Chemical factors such as changing CO2, O2, and H+ levels in arterial blood play a critical role in influencing respiration depth and rates. These variations are detected by chemoreceptors—specialized sensors located in two primary body areas. Central chemoreceptors are found throughout the brain stem, including the ventrolateral medulla, while peripheral chemoreceptors are located in the aortic arch and carotid arteries.
CO2 has a potent influence on respiration and is strictly regulated. Under normal conditions, the arterial pCO2 is maintained at 40 mm Hg with small fluctuations within 38-42 mm Hg. An increase in PCO2 levels, known as hypercapnia, leads to an accumulation of CO2 in the brain. This CO2 is hydrated to form carbonic acid, which dissociates to liberate H+, causing a drop in pH. This rise in H+ stimulates central chemoreceptors, closely linked with respiratory regulatory centers. The result is an increase in the depth and rate of breathing facilitated by both central and peripheral chemoreceptors. This increased ventilation rapidly eliminates CO2 from the blood, raising the blood's pH. Conversely, when pCO2 is abnormally low, respiration slows and becomes shallow.

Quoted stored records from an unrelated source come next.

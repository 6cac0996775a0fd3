-- ===== src/Jobs/Worker/Run.antt =====
-- What running a claimed job does to its row.
use cora_os.Prelude.{
  ℕ, ◌≡◌, refl, inl, inr, String, Bool, true, false, Option, List, ltb, arith, Bool-cases,
  if◌then◌else◌,
}
use cora_os.Prelude.Table.{update}
use cora_os.Jobs.{
  running, Job, Claimed, job_key, as_completed, as_failed, as_retried, mark_completed, mark_failed,
}
use cora_os.Jobs.Rows.{IsSane}
use cora_os.Jobs.Worker.{
  Handled, returned, transient, permanent, crashed, Store, handles, no_handler, run_claimed,
  heartbeat, write_trace, TraceType, settle,
}

-- the row after the run
abbrev settled : Claimed → Handled → ℕ → Job → Job
settled c (returned r) now j = as_completed r now j
settled c (transient m) now j =
    if ltb c.attempts c.max_attempts then as_retried m j else as_failed m now j
settled c (permanent m) now j = as_failed m now j
settled c (crashed m) now j =
    if ltb c.attempts c.max_attempts then as_retried m j else as_failed m now j

unfoldable pub ending : Claimed → Handled → ℕ → Job → Job
ending c h now =
    if handles c.job_type then settled c h now else as_failed (no_handler c.job_type) now

-- The task holds the row: the row is running, with the attempts that the task was told.
pub record Holds (c : Claimed) (j : Job) : Type 0 where
  pub live : j.status ≡ running
  pub attempts : j.attempts ≡ c.attempts
  pub max_attempts : j.max_attempts ≡ c.max_attempts

pub id-ending : (c : Claimed) (h : Handled) (now : ℕ) (j : Job) → (ending c h now j).id ≡ j.id
unfolding ending
id-ending c h now j = ground arith

pub ending-IsSane :
    (c : Claimed) (h : Handled) (now : ℕ) (j : Job)
    → Holds c j
    → IsSane j
    → IsSane (ending c h now j)
unfolding ending
ending-IsSane c h now j held s = ground arith

update_pick :
    (k : ℕ) (b : Bool) (f g : Job → Job) (js : List Job)
    → update job_key k (if b then f else g) js ≡ update job_key k (λ j. if b then f j else g j) js
update_pick k true f g js = refl
update_pick k false f g js = refl

db-write_trace :
    (t : TraceType) (k : ℕ) (m : Option String) (r : Option Bool) (s : Store)
    → (write_trace t k m r s).db ≡ s.db
unfolding write_trace
db-write_trace t k m r s = ground arith

db-heartbeat : (k : Option ℕ) (now : ℕ) (s : Store) → (heartbeat k now s).db ≡ s.db
unfolding heartbeat
db-heartbeat k now s = ground arith

jobs-settle :
    (c : Claimed) (h : Handled) (now : ℕ) (s : Store)
    → (settle c h now s).jobs ≡ update job_key c.id (settled c h now) s.jobs
unfolding mark_failed mark_completed
jobs-settle c (returned r) now s = rw db-write_trace
jobs-settle c (permanent m) now s = rw db-write_trace
jobs-settle c (transient m) now s =
    rw db-write_trace
      (update_pick c.id (ltb c.attempts c.max_attempts) (as_retried m) (as_failed m now) s.jobs)
jobs-settle c (crashed m) now s =
    rw db-write_trace
      (update_pick c.id (ltb c.attempts c.max_attempts) (as_retried m) (as_failed m now) s.jobs)

-- A run of a claimed job writes its row and no other part of the job table.
pub jobs-run_claimed :
    (c : Claimed) (h : Handled) (now : ℕ) (s : Store)
    → s.pool ≡ true
    → (run_claimed c h now s).jobs ≡ update job_key c.id (ending c h now) s.jobs
unfolding run_claimed ending mark_failed
jobs-run_claimed c h now s up = elim (Bool-cases (handles c.job_type)) [
  | inl known ↦ simp (up, known, db-heartbeat, jobs-settle, db-write_trace)
  | inr unknown ↦ simp (up, unknown, db-heartbeat, db-write_trace)
]

-- With no connection pool nothing is written.
pub run_claimed_down :
    (c : Claimed) (h : Handled) (now : ℕ) (s : Store) → s.pool ≡ false → run_claimed c h now s ≡ s
unfolding run_claimed
run_claimed_down c h now s down = simp down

Changes in arterial pH can alter the respiratory rate and rhythm, independent of CO2 and O2 levels. If arterial pH falls, the respiratory system attempts to compensate by increasing the respiratory rate and depth to eliminate CO2 from the blood. This process is mediated through the peripheral chemoreceptors, as H+ does not cross the blood-brain barrier.
Peripheral chemoreceptors are sensitive to arterial O2 levels and become the primary driver of respiration when arterial pO2 falls below 60 mm Hg. The peripheral chemoreceptors respond by reflexively increasing ventilation. Although increased ventilation can lead to hypocapnia and an increase in blood pH, which could inhibit respiration, the drive to correct severe hypoxia typically prevails, maintaining elevated ventilation until O2 levels are restored.